龍能上九天,下九淵,若再能生出雙羽,将會多麽可怕!思羽號六桅六帆同時滿蓬,整艘船蓄勢待發,只差一縷東風。昭憤怒了,它不能眼睜睜看着自己的敵人又在眼前消失,那個可惡的家夥已經失蹤了将近萬年,它也因此被困了将近萬年,怎麽可以!
一念至此,天地之間飛沙走石。一雙手從天上的烏雲中冒了出來。這不是昭的影子所化的虛手,而是一雙無比真實的手。這雙手甚至可以說是極美的,因為它骨節分明,線條修長,甚至手的皮膚白皙幼嫩,好像是富戶人家俊俏公子養尊處優的手,但是那雙手還是令人感到恐怖,因為那雙手太大了,大到人間的山峰也可被他握在掌中,而那雙手從裂縫伸出,看似緩慢實則飛快地撕扯起那條裂縫。

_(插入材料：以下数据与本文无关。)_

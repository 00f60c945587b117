-- ===== src/Printing/Objects.antt =====
-- The text of a state of the robot is a JSON object.
use libfranka.Prelude.{◌≡◌, refl, String, List, [], ◌∷◌, ◌++◌}
use libfranka.Duration.{to_msec}
use libfranka.RobotState.{RobotState}
use libfranka.Printing.Codes.{Text, codes}
use libfranka.Printing.Flags.{errors_text}
use libfranka.Printing.Csv.{Show}
use libfranka.Printing.States.{json_array, mode_text, robot_state_text}

abbrev member : String × Text → Text
member (name, value) = codes "\"" ++ (codes name ++ (codes "\": " ++ value))

-- The members with a comma and a space between two of them, and the end of the object.
abbrev members : List (String × Text) → Text
members [] = codes "}"
members (m ∷ []) = member m ++ codes "}"
members (m ∷ n ∷ ms) = member m ++ (codes ", " ++ members (n ∷ ms))

abbrev json_object : List (String × Text) → Text
json_object ms = codes "{" ++ members ms

module _ {F : Type 0} (show : Show F) where
  -- The names and the values, in the order of the text.
  abbrev fields : RobotState F → List (String × Text)
  fields s =
      ("O_T_EE", json_array show s.o_t_ee)
      ∷ ("O_T_EE_d", json_array show s.o_t_ee_d)
      ∷ ("F_T_NE", json_array show s.f_t_ne)
      ∷ ("NE_T_EE", json_array show s.ne_t_ee)
      ∷ ("F_T_EE", json_array show s.f_t_ee)
      ∷ ("EE_T_K", json_array show s.ee_t_k)
      ∷ ("m_ee", show.double s.m_ee)
      ∷ ("F_x_Cee", json_array show s.f_x_cee)
      ∷ ("I_ee", json_array show s.i_ee)
      ∷ ("m_load", show.double s.m_load)
      ∷ ("F_x_Cload", json_array show s.f_x_cload)
      ∷ ("I_load", json_array show s.i_load)
      ∷ ("m_total", show.double s.m_total)
      ∷ ("F_x_Ctotal", json_array show s.f_x_ctotal)
      ∷ ("I_total", json_array show s.i_total)
      ∷ ("elbow", json_array show s.elbow)
      ∷ ("elbow_d", json_array show s.elbow_d)
      ∷ ("elbow_c", json_array show s.elbow_c)
      ∷ ("delbow_c", json_array show s.delbow_c)
      ∷ ("ddelbow_c", json_array show s.ddelbow_c)
      ∷ ("tau_J", json_array show s.tau_j)
      ∷ ("tau_J_d", json_array show s.tau_j_d)
      ∷ ("dtau_J", json_array show s.dtau_j)
      ∷ ("q", json_array show s.q)
      ∷ ("dq", json_array show s.dq)
      ∷ ("q_d", json_array show s.q_d)
      ∷ ("dq_d", json_array show s.dq_d)
      ∷ ("ddq_d", json_array show s.ddq_d)
      ∷ ("joint_contact", json_array show s.joint_contact)
      ∷ ("cartesian_contact", json_array show s.cartesian_contact)
      ∷ ("joint_collision", json_array show s.joint_collision)
      ∷ ("cartesian_collision", json_array show s.cartesian_collision)
      ∷ ("tau_ext_hat_filtered", json_array show s.tau_ext_hat_filtered)
      ∷ ("O_F_ext_hat_K", json_array show s.o_f_ext_hat_k)
      ∷ ("K_F_ext_hat_K", json_array show s.k_f_ext_hat_k)
      ∷ ("O_dP_EE_d", json_array show s.o_dp_ee_d)
      ∷ ("O_ddP_O", json_array show s.o_ddp_o)
      ∷ ("O_T_EE_c", json_array show s.o_t_ee_c)
      ∷ ("O_dP_EE_c", json_array show s.o_dp_ee_c)
      ∷ ("O_ddP_EE_c", json_array show s.o_ddp_ee_c)
      ∷ ("theta", json_array show s.theta)
      ∷ ("dtheta", json_array show s.dtheta)
      ∷ ("current_errors", errors_text s.current_errors)
      ∷ ("last_motion_errors", errors_text s.last_motion_errors)
      ∷ ("control_command_success_rate", show.double s.control_command_success_rate)
      ∷ ("robot_mode", mode_text s.robot_mode)
      ∷ ("time", show.count (to_msec s.time))
      ∷ []

  -- The text is the object of these members.
  pub robot_state_text-json_object :
      (s : RobotState F) → robot_state_text show s ≡ json_object (fields s)
  unfolding robot_state_text codes
  robot_state_text-json_object s = refl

天好像被撕開了,無數次死裏逃生的人們已經麻木,他們呆滞地望着天空,不明白今天到底發生了什麽,有些人甚至揉着眼睛,開始懷疑自己是不是沒有睡醒,而另一些人則自欺欺人地閉上眼睛,躺進了廢墟。是作夢,一定是的,等到再醒過來就好了,于是這些人就這麽幕天席地地沉沉睡去。
梁杉柏看着那雙手,眼中滿是殺意,其實他早該出來的,但是他原本還抱着一絲僥幸的心理。他知道昭一旦發現了自己,就一定會對人間施以毫不留情的打擊,他本以為躲開昭的千眼,事情就還有轉機,他覺得自己如今果然是變了。變了的不止是他的實力,變了的還有他的心,他有了牽挂,所以他看起來變弱了,但是正因為他有了牽挂,所以他會比以前更有韌性也更堅毅,因為他不能輸,他要帶祝映臺回去。

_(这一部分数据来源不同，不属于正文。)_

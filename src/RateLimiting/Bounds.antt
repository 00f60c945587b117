-- ===== src/RateLimiting/Bounds.antt =====
-- What the limiters guarantee where the comparisons of `double` form an order.
use libfranka.Prelude.{
  ℕ, ◌≡◌, refl, ap, raise, Bool, true, false, Array, nil, ◌▸◌, all_of, Double, ok, if◌then◌else◌,
}
use libfranka.Exceptions.{invalid_argument}
use libfranka.RateLimiting.Limits.{k_delta_t}
use libfranka.RateLimiting.Joints.{clamp, min_of, max_of, limit_torques_from, limit_torques}

-- The comparisons of numbers, as IEEE 754 has them: `IsNumber` holds of every value that is not NaN.
pub record IsOrder {F : Type 0} (d : Double F) (IsNumber : F → Type 0) : Type 0 where
  pub reflexive : (a : F) → IsNumber a → d.le a a ≡ true
  pub le_of_not_lt : (a b : F) → IsNumber a → IsNumber b → d.lt a b ≡ false → d.le b a ≡ true

-- The comparisons put together, as IEEE 754 has them for all values.
pub record IsTransitive {F : Type 0} (d : Double F) : Type 0 where
  pub transitive : (a b c : F) → d.le a b ≡ true → d.le b c ≡ true → d.le a c ≡ true
  pub le_of_lt : (a b : F) → d.lt a b ≡ true → d.le a b ≡ true

module _ {F : Type 0} ⦃d : Double F⦄ where
  -- Each element of the last array is that of the second and one cycle of a rate within the limit.
  abbrev pub IsLimited : {n : ℕ} → Array F n → Array F n → Array F n → Type 0
  IsLimited nil nil nil = Unit
  IsLimited (m ▸ ms) (l ▸ ls) (x ▸ xs) =
      ((a : F) × (x ≡ d.add l (d.mul a k_delta_t)) × (d.le (d.neg m) a ≡ true) × (d.le a m ≡ true))
      × IsLimited ms ls xs

  -- For each limit, command and last command: the rate and the limits are numbers, the limits in order.
  abbrev pub AreNumbers : (F → Type 0) → {n : ℕ} → Array F n → Array F n → Array F n → Type 0
  AreNumbers IsNumber nil nil nil = Unit
  AreNumbers IsNumber (m ▸ ms) (c ▸ cs) (l ▸ ls) =
      (IsNumber (d.div (d.sub c l) k_delta_t)
        × IsNumber m
        × IsNumber (d.neg m)
        × (d.le (d.neg m) m ≡ true))
      × AreNumbers IsNumber ms cs ls

module _ {F : Type 0} ⦃d : Double F⦄ (IsNumber : F → Type 0) (order : IsOrder d IsNumber) where
  le-min_of :
      (x high : F)
      → IsNumber x
      → IsNumber high
      → IsNumber (min_of x high) × (d.le (min_of x high) high ≡ true)
  le-min_of x high p q = go (d.lt high x) refl
    where
      go :
          (b : Bool)
          → d.lt high x ≡ b
          → IsNumber (if b then high else x) × (d.le (if b then high else x) high ≡ true)
      go true e = (q, order.reflexive high q)
      go false e = (p, order.le_of_not_lt high x q p e)

  le-max_of :
      (x high low : F)
      → IsNumber x
      → IsNumber low
      → d.le low high ≡ true
      → d.le x high ≡ true
      → (d.le low (max_of x low) ≡ true) × (d.le (max_of x low) high ≡ true)
  le-max_of x high low p r h k = go (d.lt x low) refl
    where
      go :
          (b : Bool)
          → d.lt x low ≡ b
          → (d.le low (if b then low else x) ≡ true) × (d.le (if b then low else x) high ≡ true)
      go true e = (order.reflexive low r, h)
      go false e = (order.le_of_not_lt x low p r e, k)

  pub le-clamp :
      (x high low : F)
      → IsNumber x
      → IsNumber high
      → IsNumber low
      → d.le low high ≡ true
      → (d.le low (clamp x high low) ≡ true) × (d.le (clamp x high low) high ≡ true)
  le-clamp x high low p q r h =
      let (number, below) = le-min_of x high p q in
      le-max_of (min_of x high) high low number r h below

  limit_torques_from-IsLimited :
      {n : ℕ} (ms cs ls : Array F n)
      → AreNumbers IsNumber ms cs ls
      → IsLimited ms ls (limit_torques_from ms cs ls)
  unfolding limit_torques_from
  limit_torques_from-IsLimited nil nil nil h = tt
  limit_torques_from-IsLimited (m ▸ ms) (c ▸ cs) (l ▸ ls) ((p, q, r, k), h) =
      let rate = d.div (d.sub c l) k_delta_t in
      let (above, below) = le-clamp rate m (d.neg m) p q r k in
      ((clamp rate m (d.neg m), refl, above, below), limit_torques_from-IsLimited ms cs ls h)

  -- Finite torques are answered with torques each of which is the last one and one cycle of a rate
  -- between the limit's negation and the limit, if the rates and the limits are numbers and each
  -- limit's negation is not above it.
  pub limit_torques-IsLimited :
      (ms cs ls : Array F 7)
      → all_of d.is_finite cs ≡ true
      → AreNumbers IsNumber ms cs ls
      → (v : Array F 7) × (limit_torques ms cs ls ≡ ok v) × IsLimited ms ls v
  unfolding limit_torques
  limit_torques-IsLimited ms cs ls finite h = (
    limit_torques_from ms cs ls,
    ap
        (λ (b : Bool).
          if b
          then ok (limit_torques_from ms cs ls)
          else raise (invalid_argument "Commanding value is infinite or NaN."))
        finite,
    limit_torques_from-IsLimited ms cs ls h,
  )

天地之間迎來了短暫的寂靜,跟着,兩邊都動了。梁杉柏身體下蹲,而後起跑、跳,将自己化作一道流光,向天宇沖去,而昭的手捏起拳頭,向後退,然後揮出。兩者相觸的一剎那,沒有聲音,因為那撞擊的頻率和響度已經遠遠超過了人耳能夠聽到的範圍,只是在霎時之間,整片大海中的水都彷彿沖上了天空,人間無數山脈碎裂,地動山搖,近海的所有東西都被夷平,比起海神軍更恐怖的龍卷風瞬間産生,幾乎要将所有東西呑沒,而此時思羽號剛好蓄足了力量,如同一只輕盈的蜻蜓在暴雨即将來臨的前一刻,将将脫身。
「咚!」梁杉柏如同一顆隕石一般重重從那暴風眼中彈出,砸到了思羽號上,一路穿透無數甲板,直到底層,而後,他便昏了過去。